• **EXERCISE REQUIREMENTS**
From the line containing "sender-new = λ b a n c h. refl;" to the end of the listing, write out every line exactly; leave out everything else.
........
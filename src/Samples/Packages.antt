-- ===== src/Samples/Packages.antt =====
-- Concrete packages: two keys, signatures that name their key, a checksum for the digest, and the
-- overflow checks of the release profile, which are off.
use gravity_kvstore.Prelude.{
  ℕ, ◌+◌, ◌*◌, ◌%◌, ◌≤◌, ◌≡◌, refl, ap, ltb, ◌==◌, Bool, true, false, if◌then◌else◌, Text, Bytes,
  [], ◌∷◌, ◌++◌, Outcome, ok, err, arith, length, get_or, replicate, IsBytes, ascii,
}
use gravity_kvstore.Types.{UnsignedTransaction, Transaction}
use gravity_kvstore.Types.Deps.{
  Deps, HexLaws, KeccakLaws, JsonLaws, VerifiedLaws, BincodeLaws, SecpLaws, ResultLaws,
}
use gravity_kvstore.Crypto.Panics.{RecoveryIdLaws}
use gravity_kvstore.Samples.Hex.{encode, decode, decode-encode, decode-returns}
use gravity_kvstore.Samples.Wire.{write_txn, read_txn, read_txn-write_txn}

pub record Verified : Type 0 where
  pub bytes : Bytes
  pub sender : Bytes
  pub seq_number : ℕ
  pub hash : Bytes

abbrev checksum : ℕ → Bytes → ℕ
checksum acc [] = acc
checksum acc (b ∷ bs) = checksum ((acc * 31 + b) % 256) bs

abbrev digest : Bytes → Bytes
digest b =
    0
    ∷ 0
    ∷ 0
    ∷ 0
    ∷ 0
    ∷ 0
    ∷ 0
    ∷ 0
    ∷ 0
    ∷ 0
    ∷ 0
    ∷ 0
    ∷ 0
    ∷ 0
    ∷ 0
    ∷ 0
    ∷ 0
    ∷ 0
    ∷ 0
    ∷ 0
    ∷ 0
    ∷ 0
    ∷ 0
    ∷ 0
    ∷ 0
    ∷ 0
    ∷ 0
    ∷ 0
    ∷ 0
    ∷ 0
    ∷ 0
    ∷ (checksum 0 b % 256)
    ∷ []

abbrev bit : Bool → ℕ
bit true = 1
bit false = 0

abbrev zeros63 : Bytes
zeros63 = replicate 63 0

abbrev read_id : ℕ → Outcome Text (Unit {0})
read_id n = if ltb n 4 then ok tt else err (ascii "invalid recovery id")

abbrev unsigned_bytes : UnsignedTransaction → Bytes
unsigned_bytes tx =
    write_txn (record { txn = record { unsigned = tx; signature = [] }; address = [] })

abbrev transaction_bytes : Transaction → Bytes
transaction_bytes tx = write_txn (record { txn = tx; address = [] })

abbrev pub packages : Deps
packages = record {
  overflow_checks = false;
  hex_encode = encode;
  hex_decode = decode;
  keccak = digest;
  json_to_vec = λ t. ok (write_txn t);
  json_from_slice = λ b. ok (read_txn b);
  bincode_unsigned = λ tx. ok (unsigned_bytes tx);
  bincode_transaction = λ tx. ok (transaction_bytes tx);
  finish = checksum 7;
  iter = λ entries. entries;
  VerifiedTxn = Verified;
  verified_new = λ b a n c h. record { bytes = b; sender = a; seq_number = n; hash = h };
  verified_bytes = λ v. v.bytes;
  verified_sender = λ v. v.sender;
  verified_seq_number = λ v. v.seq_number;
  verified_committed_hash = λ v. v.hash;
  hash_to_fixed_array = digest;
  SecretKey = Bool;
  PublicKey = Bool;
  Message = Bytes;
  RecoveryId = Unit {0};
  Signature = Bool;
  secret_key_from_slice = λ b. if length b == 1 then ok (get_or b 0 0 == 1) else err [];
  public_key_from_secret_key = λ k. k;
  serialize_uncompressed = λ k. 4 ∷ bit k ∷ [];
  message_from_slice = λ b. if length b == 32 then ok b else err [];
  recovery_id_from_i32 = read_id;
  recovery_id_to_i32 = λ _. 0;
  signature_from_compact = λ b _. ok (get_or b 63 0 == 1);
  signature_serialize_compact = λ s. (tt, zeros63 ++ bit s ∷ []);
  sign_ecdsa_recoverable = λ _ k. k;
  recover_ecdsa = λ _ s. ok s;
}

pub hex_laws : HexLaws packages
hex_laws = record { decode-encode = decode-encode }

digest-IsBytes : (b : Bytes) → IsBytes (digest b)
digest-IsBytes b = omega arith

pub keccak_laws : KeccakLaws packages
keccak_laws = record { length-keccak = λ b. refl; keccak-IsBytes = digest-IsBytes }

abbrev pub json_laws : JsonLaws packages
json_laws = record {
  written = write_txn;
  to_vec-ok = λ t. refl;
  from_slice-written = λ t. ap ok (read_txn-write_txn t);
}

pub verified_laws : VerifiedLaws packages
verified_laws = record {
  bytes-new = λ b a n c h. refl;
  sender-new = λ b a n c h. refl;
  seq_number-new = λ b a n c h. refl;
}

abbrev pub bincode_laws : BincodeLaws packages
bincode_laws = record {
  encoded = unsigned_bytes;
  bincode-ok = λ t. refl;
  encoded_transaction = transaction_bytes;
  bincode_transaction-ok = λ t. refl;
}

message_ok : (b : Bytes) → length b ≡ 32 → packages.message_from_slice b ≡ ok b
message_ok b h = rw h

compact_IsBytes : (s : Bool) → IsBytes (zeros63 ++ bit s ∷ [])
compact_IsBytes true = omega arith
compact_IsBytes false = omega arith

compact_read : (s : Bool) → packages.signature_from_compact (zeros63 ++ bit s ∷ []) tt ≡ ok s
compact_read true = refl
compact_read false = refl

pub secp_laws : SecpLaws packages
secp_laws = record {
  message = λ b. b;
  message-ok = message_ok;
  to_i32-le = λ r. omega arith;
  from_i32-to_i32 = λ r. refl;
  length-compact = λ s. refl;
  compact-IsBytes = compact_IsBytes;
  from_compact-serialize = compact_read;
  recover-sign = λ m k. refl;
}

read_id-large : (n : ℕ) → 4 ≤ n → read_id n ≡ err (ascii "invalid recovery id")
read_id-large n h = ground arith

pub recovery_id_laws : RecoveryIdLaws packages
recovery_id_laws = record {
  reason = λ n. ascii "invalid recovery id";
  from_i32-large = read_id-large;
}

pub result_laws : ResultLaws packages
result_laws = record {
  hex_decode-returns = decode-returns;
  secret_key-returns = λ b e. ground arith;
}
........
• **REPLY TO THE TASK**
  sender-new = λ b a n c h. refl;
  seq_number-new = λ b a n c h. refl;
}

abbrev pub bincode_laws : BincodeLaws packages
bincode_laws = record {
  encoded = unsigned_bytes;
  bincode-ok = λ t. refl;
  encoded_transaction = transaction_bytes;
  bincode_transaction-ok = λ t. refl;
}

message_ok : (b : Bytes) → length b ≡ 32 → packages.message_from_slice b ≡ ok b
message_ok b h = rw h

compact_IsBytes : (s : Bool) → IsBytes (zeros63 ++ bit s ∷ [])
compact_IsBytes true = omega arith
compact_IsBytes false = omega arith

compact_read : (s : Bool) → packages.signature_from_compact (zeros63 ++ bit s ∷ []) tt ≡ ok s
compact_read true = refl
compact_read false = refl

pub secp_laws : SecpLaws packages
secp_laws = record {
  message = λ b. b;
  message-ok = message_ok;
  to_i32-le = λ r. omega arith;
  from_i32-to_i32 = λ r. refl;
  length-compact = λ s. refl;
  compact-IsBytes = compact_IsBytes;
  from_compact-serialize = compact_read;
  recover-sign = λ m k. refl;
}

read_id-large : (n : ℕ) → 4 ≤ n → read_id n ≡ err (ascii "invalid recovery id")
read_id-large n h = ground arith

pub recovery_id_laws : RecoveryIdLaws packages
recovery_id_laws = record {
  reason = λ n. ascii "invalid recovery id";
  from_i32-large = read_id-large;
}

pub result_laws : ResultLaws packages
result_laws = record {
  hex_decode-returns = decode-returns;
  secret_key-returns = λ b e. ground arith;
}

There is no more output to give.